Sent from my Pixel using Tapatalk


----------



## Hereisphilly (Nov 17, 2014)

Thanks for the recommendations on my setup, quite proud of it










Sent from my Pixel XL using Tapatalk


----------



## Dizzy007 (Jun 22, 2017)

I wonder how many of us are going to do that this weekend


----------



## Dizzy007 (Jun 22, 2017)

Soul boy 68 said:


> Here's is how I hang my bottles up:thumb:
> 
> View attachment 51890
> 
> ...


What size clips did you use


----------



## Hereisphilly (Nov 17, 2014)

Dizzy007 said:


> What size clips did you use


I can't comment if you're gonna use bottles other than great talcos as they could be different sizes, but if you use the ones I have, you'll need the following

2" x 2" wood which is the perfect size to offset the difference in diameter between trigger and bottle. If it's 2" x 2" you can also rest the back of the trigger on top of the wood to take some of the weight too

These are screwed into the wall with 6 x 100 screws, 4 per m (ain't going anywhere)

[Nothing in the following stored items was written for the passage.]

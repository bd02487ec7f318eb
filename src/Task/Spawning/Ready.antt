-- ===== src/Task/Spawning/Ready.antt =====
-- What spawning leaves in the tables.
use velm.Base.{ℕ, zero, suc, ◌≡◌, refl, sym, ap, ◌∙◌, ◌⊎◌, Bool-cases, Option-cases, inl, inr}
use velm.Base.{Result, ok, err, none, some, List, [], ◌∷◌, ◌++◌, Text, txt, All, All-append}
use mathlib.Core.Path.{subst}
use mathlib.Core.List.{append_assoc, append-nil}
use velm.Task.Model.{
  Members, Definition, Task, Db, Tx, Failure, definition_by_id, children_of, ◌>>=◌, return,
  no_members,
}
use velm.Task.Spawning.{
  get_task_definition, insert_task, spawn_each, spawn_children, spawn_task_for_definition,
  spawn_task_instance,
}

-- From one database to another: rows were added to the tasks, all of them ready, and nothing else
-- has changed.
pub record Spawned (db after : Db) : Type 0 where
  pub new : List Task
  pub tasks : after.tasks ≡ db.tasks ++ new
  pub ready : All (λ t. t.state ≡ txt "ready") new
  pub definitions : after.definitions ≡ db.definitions
  pub children : after.children ≡ db.children

pub Spawned-refl : (db : Db) → Spawned db db
Spawned-refl db = record {
  new = [];
  tasks = sym (append-nil db.tasks);
  ready = tt;
  definitions = refl;
  children = refl;
}

Spawned-trans : {a b c : Db} → Spawned a b → Spawned b c → Spawned a c
Spawned-trans {a} s t = record {
  new = s.new ++ t.new;
  tasks = t.tasks ∙ ap (λ ts. ts ++ t.new) s.tasks ∙ append_assoc a.tasks s.new t.new;
  ready = All-append _ s.new t.new s.ready t.ready;
  definitions = t.definitions ∙ s.definitions;
  children = t.children ∙ s.children;
}

snd_path :
    {A : Type 0} {a b : A} {x y : Db}
    → ◌≡◌ {A = Result Failure (A × Db)} (ok (a, x)) (ok (b, y))
    → x ≡ y
snd_path e = cc

-- An operation that, where it succeeds, only adds ready tasks.
pub record Spawns {A : Type 0} (m : Tx A) : Type 0 where
  pub at : (db : Db) (a : A) (after : Db) → m db ≡ ok (a, after) → Spawned db after

pub Spawns-bind :
    {A B : Type 0} {m : Tx A} {f : A → Tx B}
    → Spawns m
    → ((a : A) → Spawns (f a))
    → Spawns (m >>= f)
Spawns-bind {A} {B} {m} {f} s t = record { at = λ db b after e. go db b after (m db) refl e }
  where
    go :
        (db : Db) (b : B) (after : Db) (r : Result Failure (A × Db))
        → m db ≡ r
        → (elim r [ err x ↦ err x | ok p ↦ f (p.0) (p.1) ]) ≡ ok (b, after)
        → Spawned db after
    go db b after (err x) h e = cc
    go db b after (ok (a, mid)) h e = Spawned-trans (s.at db a mid h) ((t a).at mid b after e)

pub Spawns-return : {A : Type 0} (a : A) → Spawns (return a)
Spawns-return a = record {
  at = λ db b after e. let same : db ≡ after = cc in subst (Spawned db) same (Spawned-refl db);
}

pub Spawns-get_task_definition : (id : Text) → Spawns (get_task_definition id)
unfolding get_task_definition
Spawns-get_task_definition id = record { at = λ db d after e. go db d after (Option-cases _) e }
  where
    go :
        (db : Db) (d : Definition) (after : Db)
        → (definition_by_id id db.definitions ≡ none)
          ⊎ ((c : Definition) × (definition_by_id id db.definitions ≡ some c))
        → get_task_definition id db ≡ ok (d, after)
        → Spawned db after
    go db d after (inl missing) e = cc (rw (missing, get_task_definition) at e)
    go db d after (inr (c, found)) e =
        subst (Spawned db) (snd_path (rw (found, get_task_definition) at e)) (Spawned-refl db)

module _ (new_id : ℕ → Text) where
  pub Spawns-insert_task :
      (def : Definition) (parent requested_by : Text) (inputs : Members)
      → Spawns (insert_task new_id def parent requested_by inputs)
  unfolding insert_task
  Spawns-insert_task def parent requested_by inputs = record {
    at = λ db id after e. subst (Spawned db) (snd_path e) (record {
      new = _ ∷ [];
      tasks = refl;
      ready = (refl, tt);
      definitions = refl;
      children = refl;
    });
  }

  Spawns-spawn_each :
      (spawn : Text → Tx Text) (children : List Text)
      → ((c : Text) → Spawns (spawn c))
      → Spawns (spawn_each new_id spawn children)
  unfolding spawn_each
  Spawns-spawn_each spawn [] s = Spawns-return tt
  Spawns-spawn_each spawn (c ∷ children) s =
      Spawns-bind (s c) (λ _. Spawns-spawn_each spawn children s)

  pub Spawns-spawn_children :
      (spawn : Text → Tx Text) (def : Definition)
      → ((c : Text) → Spawns (spawn c))
      → Spawns (spawn_children new_id spawn def)
  unfolding spawn_children
  Spawns-spawn_children spawn def s = record {
    at = λ db u after e. elim (Bool-cases def.is_container) [
      | inl h ↦
          (Spawns-spawn_each spawn (children_of def.id db.children) s).at db u after (rw h at e)
      | inr h ↦ (Spawns-return tt).at db u after (rw h at e)
    ];
  }

  pub spawn-Spawns :
      (fuel : ℕ) (def : Definition) (parent requested_by : Text) (inputs : Members)
      → Spawns (spawn_task_for_definition new_id fuel def parent requested_by inputs)
  unfolding spawn_task_for_definition spawn_children insert_task
  spawn-Spawns zero def parent requested_by inputs = record { at = λ db id after e. cc }
  spawn-Spawns (suc fuel) def parent requested_by inputs = record {
    at = λ db id after e. elim (Bool-cases def.is_active) [
      | inr h ↦ cc (rw h at e)
      | inl h ↦
          (Spawns-bind (Spawns-insert_task def parent requested_by inputs) (λ task_id.
              Spawns-bind
                (Spawns-spawn_children _ def (λ c.
                  Spawns-bind (Spawns-get_task_definition c)
                    (λ child. spawn-Spawns fuel child task_id requested_by no_members)))
                (λ u. Spawns-return task_id))).at
            db id after (rw h at e)
    ];
  }

  -- A task instance that is spawned, with the children of a container and theirs, adds rows to the
  -- tasks, every one of them ready; no row that was there changes, and no definition.
  pub spawn_task_instance-Spawned :
      (fuel : ℕ) (definition_id parent requested_by : Text) (inputs : Members) (db : Db) (id : Text)
      (after : Db)
      → spawn_task_instance new_id fuel definition_id parent requested_by inputs db ≡ ok (id, after)
      → Spawned db after
  unfolding spawn_task_instance
  spawn_task_instance-Spawned fuel definition_id parent requested_by inputs db id after e =
      (Spawns-bind (Spawns-get_task_definition definition_id)
          (λ def. spawn-Spawns fuel def parent requested_by inputs)).at
        db id after e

Clips are these from screwfix http://www.screwfix.com/p/zinc...lated-tool-clips-10-pack/15750

3/4" is the perfect size, as the 1" is too loose. You just need to them apart a bit to create a big enough opening once screwed in

Sent from my Pixel XL using Tapatalk


----------



## streaky (Dec 2, 2006)

Soul boy 68 said:


> Here's is how I hang my bottles up:thumb:
> 
> View attachment 51890
> 
> ...


That looks great. My only suggestion is to put your Tardis on the bottom rail for when it eats through the plastic.


----------



## GP Punto (May 29, 2007)

Hereisphilly said:


> Thanks for the recommendations on my setup, quite proud of it
> 
> 
> 
> ...


Very impressive, professional and organised.

I thought I was bad enough saving glass jars and screwing the lids to the underside of a wooden shelf, for nuts, bolts, screws and bits.

Nice work.


----------



## steelghost (Aug 20, 2015)

Glad to see I'm not the only one labelling my bottles with a bit of masking tape


----------



## Hereisphilly (Nov 17, 2014)

steelghost said:


> Glad to see I'm not the only one labelling my bottles with a bit of masking tape


Haha yeah, cos have you seen the price of label makers? Chuffing expensive!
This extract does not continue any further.